4.5. Llama3.1-405b Model
Llama3.1-405b is an ultimate test of AI hardware performance and memory capacity with its 405B parameters.
| Accelerator | Scenario | Avg Total Result (Samples/s) | Result per Accelerator | Avg Accelerators |
|---|---|---|---|---|
| NVIDIA B200-SXM-180GB | Offline | 1613.16 | 201.65 | 8.0 |
| NVIDIA B200-SXM-180GB | Server | 1179.05 | 147.38 | 8.0 |
| NVIDIA GB200 | Offline | 6233.13 | 1558.28 | 31.2 |
| NVIDIA GB200 | Server | 4433.33 | 1108.33 | 31.2 |
| NVIDIA H100-SXM-80GB | Offline | 794.56 | 99.32 | 16.0 |
| NVIDIA H100-SXM-80GB | Server | 557.35 | 69.67 | 16.0 |
| NVIDIA H200-SXM-141GB | Offline | 610.17 | 76.27 | 8.8 |
| NVIDIA H200-SXM-141GB | Server | 319.86 | 39.98 | 8.8 |
| Virtualized NVIDIA H200-SXM | Offline | 547.26 | 68.41 | 8.0 |
| Virtualized NVIDIA H200-SXM | Server | 277.33 | 34.67 | 8.0 |
Offline Scenario:

Server Scenario:

Analysis Insights:
- GB200 Built for Giants: GB200 shows its power in handling ultra-large models through massive cluster scaling.

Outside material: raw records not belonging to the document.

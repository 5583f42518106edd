-- ===== src/Connect/Stream.antt =====
-- A client's session while its stream is open: the reader and the writer of `handle_websocket` in
-- src/helpers/get_internal_websocket.rs, with the tasks that send its later pings. `sx` is the
-- session's channel, `server_ip` the address it connected to and `id` the client's identifier.
pub mod Pace
pub mod Expected
pub mod Received
pub mod Announced
pub mod Writer
pub mod Peer
use atomic_websocket.Base.{
  ℕ, zero, suc, ◌+◌, ◌-◌, Text, codes, Bool, true, false, ◌&&◌, ◌==◌, if◌then◌else◌, Option, none,
  some, List, [], ◌∷◌, ◌++◌, drop, starts_with,
}
use atomic_websocket.Runtime.Channel.{Channel}
use atomic_websocket.Runtime.Database.{Database}
use atomic_websocket.Runtime.Codec.{Codec}
use atomic_websocket.Schema.{Primitives, Category, Data, data_codec}
use atomic_websocket.Message.{Outgoing, ping, disconnect, get_data_schema, code16}
use atomic_websocket.Options.{ClientOptions}
use atomic_websocket.Server.{ends}
use atomic_websocket.Sender.{
  Reply, SenderStatus, connected, ServerSender, notify, send_handle_message, write_received_times,
}
use atomic_websocket.Sender
use atomic_websocket.Sender.Persist.{Session}

-- `split("://").nth(1)`: what stands between the first separator and the next.
unfoldable pub behind_scheme : Text → Option Text
behind_scheme [] = none
behind_scheme (c ∷ s) =
    if starts_with (c ∷ s) (codes "://") then some (drop 2 s) else behind_scheme s

unfoldable pub before_scheme : Text → Text
before_scheme [] = []
before_scheme (c ∷ s) = if starts_with (c ∷ s) (codes "://") then [] else c ∷ before_scheme s

-- `split(':').next()`
unfoldable pub before_colon : Text → Text
before_colon [] = []
before_colon (c ∷ s) = if c == b':' then [] else c ∷ before_colon s

abbrev pub peer_or : Text → Option Text → Text
peer_or server_ip none = server_ip
peer_or server_ip (some s) = before_colon (before_scheme s)

-- The peer that the farewell to a server names.
unfoldable pub peer_of : Text → Text
unfolding behind_scheme before_scheme before_colon
peer_of server_ip = peer_or server_ip (behind_scheme server_ip)

pub record Reader : Type 0 where
  -- The loop is running.
  pub reading : Bool
  pub is_first : Bool
  pub is_wait_ping : Bool
  -- The tasks that sleep before they send a ping.
  pub sleeping : ℕ

abbrev pub reader_start : ClientOptions → Reader
reader_start options = record {
  reading = true;
  is_first = options.use_ping;
  is_wait_ping = false;
  sleeping = 0;
}

-- What can happen next: the stream yields a message at a time, and the session's channel takes a
-- farewell or not; the stream ends or fails; a sleeping task wakes up; any other task sends. A send
-- has what becomes of its attempts.
pub data Event : Type 0 where
  message : ℕ → Bool → Text → Event
  end_of_stream : Event
  wake : (ℕ → Reply) → Event
  send : (ℕ → Reply) → Outgoing → Event

module _ (S : Channel SenderStatus) (C : Channel Text) (D : Database) (P : Primitives) (sx : ℕ)
    (server_ip id : Text) where
  pub record Stream : Type 0 where
    pub reader : Reader
    pub session : Session S C D P

  abbrev pub with_reader : Reader → Stream → Stream
  with_reader r x = record x { reader = r }

  abbrev pub on_sender : (ServerSender S C → ServerSender S C) → Stream → Stream
  on_sender f x = record x { session = record x.session { sender = f x.session.sender } }

  -- The first message that can be read tells that the connection works.
  abbrev pub announce : Stream → Stream
  announce x =
      if x.reader.is_first
      then on_sender (notify S C connected) (with_reader (record x.reader { is_first = false }) x)
      else x

  abbrev pub schedule : Stream → Stream
  schedule x =
      if x.reader.is_wait_ping
      then x
      else with_reader (record x.reader { is_wait_ping = true; sleeping = suc x.reader.sleeping }) x

  abbrev pub say_farewell : Bool → ServerSender S C → ServerSender S C
  say_farewell taken s =
      if taken
      then record s { handed = s.handed ++ (sx, disconnect (peer_of server_ip)) ∷ [] }
      else s

  abbrev pub leave : Bool → Stream → Stream
  leave taken x =
      on_sender (say_farewell taken) (with_reader (record x.reader { reading = false }) x)

  -- `send_handle_message` of the trait: data that cannot be serialized is only logged.
  abbrev pub forward_bytes : Option Text → Stream → Stream
  forward_bytes none x = x
  forward_bytes (some bytes) x = on_sender (send_handle_message S C bytes) x

  abbrev pub by_category : Bool → Data → Stream → Stream
  by_category taken d x =
      if d.category == code16 Category.pong
      then schedule x
      else if d.category == code16 Category.disconnect
      then leave taken x
      else forward_bytes ((data_codec P).encode d) x

  abbrev pub receive_data : Bool → Option Data → Stream → Stream
  receive_data taken none x = x
  receive_data taken (some d) x = by_category taken d (announce x)

  -- The body of the reader's loop.
  unfoldable pub receive : ℕ → Bool → Text → Stream → Stream
  receive now taken value x =
      receive_data taken (get_data_schema value) (on_sender (write_received_times S C now) x)

  -- A send by a task of its own: where it does not return, that task hangs, and the session goes on.
  abbrev pub with_stream : Stream → Option (ServerSender S C) → Stream
  with_stream x none = x
  with_stream x (some s) = on_sender (λ _. s) x

  abbrev pub woken : (ℕ → Reply) → ℕ → Stream → Stream
  woken replies zero x = x
  woken replies (suc n) x =
      with_stream (with_reader (record x.reader { is_wait_ping = false; sleeping = n }) x)
        (Sender.send S C replies (ping id) x.session.sender)

  unfoldable pub step : Event → Stream → Stream
  step (message now taken value) x = if x.reader.reading then receive now taken value x else x
  step end_of_stream x = with_reader (record x.reader { reading = false }) x
  step (wake replies) x = woken replies x.reader.sleeping x
  step (send replies m) x = with_stream x (Sender.send S C replies m x.session.sender)

  unfoldable pub run : List Event → Stream → Stream
  run [] x = x
  run (e ∷ es) x = run es (step e x)

-- A turn of the writer's `select!`: a message of its channel, which the socket takes or not, a
-- channel that no one holds any more, or the notice that the reader has ended.
pub data Turn : Type 0 where
  next : Text → Bool → Turn
  no_senders reader_ended : Turn

abbrev pub turn_writes : Turn → List Text
turn_writes (next frame true) = frame ∷ []
turn_writes _ = []

-- The turn leaves the loop.
abbrev pub turn_ends : Turn → Bool
turn_ends (next frame true) = ends (get_data_schema frame)
turn_ends _ = true

-- What the writer has written, and whether it has left its loop.
unfoldable pub write_turns : List Turn → List Text × Bool
write_turns [] = ([], false)
write_turns (t ∷ ts) =
    let later = write_turns ts in
    if turn_ends t then (turn_writes t, true) else (turn_writes t ++ later.0, later.1)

- Memory Bottlenecks: Interestingly, H200 showed lower per-accelerator performance here than H100, likely due to H100 tests using more GPUs for tensor parallelism while H200 used fewer, creating communication bottlenecks.
- Blackwell Success: B200 yields a 2x generational leap over H100 for this ultra-large model.
5. Conclusion
- Generational evolution is the key driver: Blackwell (B200, GB200) sets a new benchmark for AI performance.

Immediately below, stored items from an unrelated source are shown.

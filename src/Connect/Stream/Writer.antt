-- ===== src/Connect/Stream/Writer.antt =====
-- How the writer of a client's session in src/helpers/get_internal_websocket.rs ends, and with it the
-- session.
use atomic_websocket.Base.{
  ◌≡◌, ap, ◌∙◌, Text, Bool, true, false, if◌then◌else◌, if-true, if-false, some, List, [], ◌∷◌,
  ◌++◌, map, arith,
}
use atomic_websocket.Runtime.Channel.{Channel}
use atomic_websocket.Runtime.Database.{Database}
use atomic_websocket.Schema.{Primitives}
use atomic_websocket.Server.Streams.{Pass}
use atomic_websocket.Sender.{SenderStatus}
use atomic_websocket.Sender.Persist.{Session}
use atomic_websocket.Connect.{set_try_connect, try_acquire, session_end}
use atomic_websocket.Connect.Stream.{Turn, next, turn_writes, turn_ends, write_turns}

-- Messages that the socket takes.
abbrev pub written : List Text → List Turn
written = map (λ frame. next frame true)

write_turns-append :
    (fs : List Text) (t : Turn) (rest : List Turn)
    → Pass fs
    → turn_ends t ≡ true
    → write_turns (written fs ++ t ∷ rest) ≡ (fs ++ turn_writes t, true)
unfolding write_turns
write_turns-append [] t rest p h = if-true _ _ _ h
write_turns-append (f ∷ fs) t rest (p, ps) h =
    if-false _ _ _ p
    ∙ ap (λ (r : List Text × Bool). (f ∷ r.0, r.1)) (write_turns-append fs t rest ps h)

module _ (S : Channel SenderStatus) (C : Channel Text) (D : Database) (P : Primitives) where
  -- The rest of `handle_websocket`, from the writer's loop on.
  unfoldable pub write_out : List Turn → Session S C D P → List Text × Session S C D P
  write_out turns w = let r = write_turns turns in (r.0, if r.1 then session_end S C D P w else w)

  -- Messages that do not end the writer are written in order. It leaves at the first turn that does:
  -- a message that is a disconnect or too short to be read, which is still written, one that the
  -- socket refuses, a channel that no one holds, or the end of the reader. Nothing is written after
  -- that, and the session gives the single-flight flag back, so that the next attempt to connect
  -- gets it.
  pub write_out-append :
      (fs : List Text) (t : Turn) (rest : List Turn) (w : Session S C D P)
      → Pass fs
      → turn_ends t ≡ true
      → let r = write_out (written fs ++ t ∷ rest) w in
        (r.0 ≡ fs ++ turn_writes t)
        × (r.1.sender.is_try_connect ≡ false)
        × (try_acquire S C D P r.1 ≡ some (set_try_connect S C D P true w))
  unfolding write_out session_end try_acquire
  write_out-append fs t rest w p h =
      let e = write_turns-append fs t rest p h in
      let left = λ (b : Bool). if b then session_end S C D P w else w in
      let ended = ap (λ (r : List Text × Bool). left r.1) e in
      (
        ap (λ (r : List Text × Bool). r.0) e,
        ap (λ (v : Session S C D P). v.sender.is_try_connect) ended,
        ap (try_acquire S C D P) ended,
      )

  pub write_out-buffers :
      (turns : List Turn) (w : Session S C D P)
      → (write_out turns w).1.sender.buffers ≡ w.sender.buffers
  unfolding write_out session_end
  write_out-buffers turns w = ground arith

- The "Bucket Effect": Compute, Memory, and Interconnects:
- For large models, memory bandwidth is often the primary bottleneck.
- When models exceed single-node capacity, high-speed interconnects (NVLink) and topology become critical, as seen in GB200's results.
- Product Positioning: Data center flagships (B200, H200 SXM) are the choices for cutting-edge AI, while PCIe versions suit mid-scale tasks.
- Virtualization is Mature: GPU virtualization offers minimal overhead for AI inference deployment.
Choosing AI hardware is a multi-dimensional decision. This report aims to support those decisions with quantitative data from MLCommons benchmarks.